I need help my train went into a overload on my revolution i did as instructed
says to reset with 0 on the key pad but no luck.
i went as far as reprogramming the whole thing and i still get the same thing.
it will link fine untill you hit the menu button twice to bring you back to
run mode,shows link o.k. for a split second then shows overload so again hit the 0 on the keypad to clear
and it won't clear right above the pwc on the screen it shows NF what the heck is going on


----------



## Stan Cedarleaf (Jan 2, 2008)

Chev Truck, you might take this over to the Aristo Forum.









A bit more information is needed concerning the installation.


----------



## Greg Elmassian (Jan 3, 2008)

Have you double checked to be sure the overload is no longer existing? 

What was the condition that put the Revolution into overload in the first place? 

Greg


----------



## 50chevtk (Nov 22, 2010)

hey guys thanks for responding what put it in overload i had 6 cars on and it was a hot day , so i assumed it just got hot. 
the train i'm running is a c-16 so this is what i did. now i pulled the receiver out and put the12 prong plug back in 
and the train runs fine.so i'm thinking the circuit board took a crap is this possible. i think i have maybe 5 hours on this unit.


----------



## Stan Cedarleaf (Jan 2, 2008)

If you had 5 hours running, it sounds like the receiver WAS working at one time. You might try running the train without the tender shell to see if that helps. Normally, if the receiver is overheated, you would get an "OVERHEAT" warning. "OVERLOAD" is just that, you've exceed the 5-8 amp limit on the recevier, which is a protection and should "blow" the receiver. 

Might check also to see if there might be a wire crimped and causing a short on the output (motor) side. Pulling 6 cars with the C-16 shouldn't cause and overload. 

Another check would be to see if something might have wedged itself between a wheel and the gearbox case on the locomotive. At times, I've had a stick or a stone wedge itself between a wheel and the case and cause problems. And check the valve gear for binding as well.

Hope some solid answers show up for you.


----------



## Treeman (Jan 6, 2008)

I would check the voltage on the rail or battery output with no load. The problem I have seen has been related to voltage. At least that is what I have concluded.


----------



## Greg Elmassian (Jan 3, 2008)

Well, if the loco runs with the shorting plug (and it would be good to measure the current in this situation), and then with the Revo plugged in it still shows overload, then you have a damaged Revo. 

It might have slowly cooked and damaged itself over 5 hours, but seems unlikely that was the problem.

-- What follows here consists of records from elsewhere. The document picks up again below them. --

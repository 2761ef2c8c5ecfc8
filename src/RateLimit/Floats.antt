-- ===== src/RateLimit/Floats.antt =====
-- What the rate limiter does with a Python float, and the laws of arithmetic that rounds.
use tessera_server.Common.{
  ℕ, ◌+◌, ◌/◌, ◌≡◌, ◌↔◌, refl, Bool, true, false, not, arith, ltb, if◌then◌else◌,
}
use tessera_server.Common.Int.{ℤ, pos, pos_part, neg_part, sub_ℕ, ◌+ℤ◌, ◌<ℤ◌, ◌≤ℤ◌, +ℤ_parts}

pub record Float (W : Type 0) : Type 0 where
  pub of_nat : ℕ → W
  pub zero : W
  pub one : W
  pub add : W → W → W
  pub sub : W → W → W
  pub div : W → W → W
  pub lt : W → W → Bool
  pub le : W → W → Bool

module _ {W : Type 0} (f : Float W) where
  -- min(a, b): the first, unless the second is smaller
  abbrev pub min_float : W → W → W
  min_float a b = if f.lt b a then b else a

  -- max(a, b): the first, unless the second is greater
  abbrev pub max_float : W → W → W
  max_float a b = if f.lt a b then b else a

-- Arithmetic that rounds to the nearest number, as IEEE 754 has it for finite numbers. Each has an
-- exact value, in units of which `one` has `unit`; comparisons are exact; a result has the sign of the
-- exact one; and where the exact one is not above `burst`, the result exceeds it by at most `err`.
-- `span` is what a time span is worth at one token in each `period`, in whole units.
pub record IsRounded {W : Type 0} (f : Float W) (period burst : W) (unit err : ℕ) (value : W → ℤ)
    (span : W → W → ℤ) : Type 0 where
  pub zero_value : value f.zero ≡ pos 0
  pub one_value : value f.one ≡ pos unit
  pub lt_value : (a b : W) → (f.lt a b ≡ true) ↔ (value a <ℤ value b)
  pub positive : f.le period f.zero ≡ false
  pub burst_nonneg : pos 0 ≤ℤ value burst
  pub add_nonneg : (a b : W) → pos 0 ≤ℤ value a → pos 0 ≤ℤ value b → pos 0 ≤ℤ value (f.add a b)
  pub add_value :
      (a b : W)
      → pos 0 ≤ℤ value a
      → pos 0 ≤ℤ value b
      → value a +ℤ value b ≤ℤ value burst
      → value (f.add a b) ≤ℤ (value a +ℤ value b) +ℤ pos err
  pub spend_nonneg : (a : W) → value f.one ≤ℤ value a → pos 0 ≤ℤ value (f.sub a f.one)
  pub spend_value :
      (a : W)
      → value f.one ≤ℤ value a
      → value a ≤ℤ value burst
      → value (f.sub a f.one) +ℤ value f.one ≤ℤ value a +ℤ pos err
  pub div_zero : value (f.div f.zero period) ≡ pos 0
  pub div_nonneg : (a : W) → pos 0 ≤ℤ value a → pos 0 ≤ℤ value (f.div a period)
  pub span_nonneg : (a b : W) → value a ≤ℤ value b → pos 0 ≤ℤ span a b
  pub span_value :
      (a b : W)
      → value a ≤ℤ value b
      → span a b ≤ℤ value burst
      → value (f.div (f.sub b a) period) ≤ℤ span a b +ℤ pos err
  pub span_split :
      (a b c : W) → value a ≤ℤ value b → value b ≤ℤ value c → span a b +ℤ span b c ≤ℤ span a c

-- Whole numbers of tokens and seconds.
abbrev lt_ℤ : ℤ → ℤ → Bool
lt_ℤ a b = ltb (pos_part a + neg_part b) (pos_part b + neg_part a)

abbrev pub whole_seconds : Float ℤ
whole_seconds = record {
  of_nat = pos;
  zero = pos 0;
  one = pos 1;
  add = λ a b. a +ℤ b;
  sub = λ a b. sub_ℕ (pos_part a + neg_part b) (pos_part b + neg_part a);
  div = λ a b. sub_ℕ (pos_part a / pos_part b) (neg_part a / pos_part b);
  lt = lt_ℤ;
  le = λ a b. not (lt_ℤ b a);
}

minus : ℤ → ℤ → ℤ
minus a b = sub_ℕ (pos_part a + neg_part b) (pos_part b + neg_part a)

minus_parts :
    (a b : ℤ)
    → pos_part (minus a b) + (pos_part b + neg_part a)
      ≡ neg_part (minus a b) + (pos_part a + neg_part b)
unfolding minus
minus_parts a b = ground arith

-- The same with a token in two seconds, whose half is rounded up: the laws can be met.
abbrev pub rounded_halves : Float ℤ
rounded_halves = record whole_seconds {
  div = λ a b. sub_ℕ ((pos_part a + pos_part b / 2) / pos_part b) (neg_part a / pos_part b);
}

-- The whole tokens of a time span.
abbrev pub whole_tokens : ℤ → ℤ → ℤ
whole_tokens a b = pos (pos_part (whole_seconds.sub b a) / 2)

minus_nonneg : (a b : ℤ) → a ≤ℤ b → neg_part (minus b a) ≡ 0
unfolding minus
minus_nonneg a b h = ground arith

pub rounded_halves-IsRounded :
    (burst : ℕ) → IsRounded rounded_halves (pos 2) (pos burst) 1 1 (λ a. a) whole_tokens
unfolding ◌+ℤ◌ minus
rounded_halves-IsRounded burst = record {
  zero_value = refl;
  one_value = refl;
  lt_value = λ a b. ground arith;
  positive = refl;
  burst_nonneg = omega arith;
  add_nonneg = λ a b h k. ground arith;
  add_value = λ a b h k l. ground arith;
  spend_nonneg = λ a h. ground arith;
  spend_value = λ a h k. ground arith;
  div_zero = refl;
  div_nonneg = λ a h. ground arith;
  span_nonneg = λ a b h. omega arith;
  span_value = λ a b h k. ground (arith, minus_nonneg a b h);
  span_split = λ a b c h k. omega (
    arith,
    minus_parts b a,
    minus_parts c b,
    minus_parts c a,
    minus_nonneg a b h,
    minus_nonneg b c k,
    +ℤ_parts (whole_tokens a b) (whole_tokens b c),
  );
}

It could have just failed. This is not expensive stuff, so it's not bulletproof. 

I'd be interested in the results of a current measurement on DC, and if putting the Revo back in still says "overload". 

Regards, Greg


----------



## Totalwrecker (Feb 26, 2009)

The C-16 runs fine as stock yet causes problems when modified.... yep sounds familiar. 
On mine I found the tender trucks were wired wrong... as if both trucks were lined up with the tangs pointing oneway and then half of the trucks were reversed under the tender.... The Aristo board cleaned it enough to run, but when I gutted the board I ran into problems. Using an R/C setup didn't tell me why... 

Use a multi-tester to trace your wires and make sure all the pickup leads are properly oriented..... 

After I redid the wiring it performed well. 

John


----------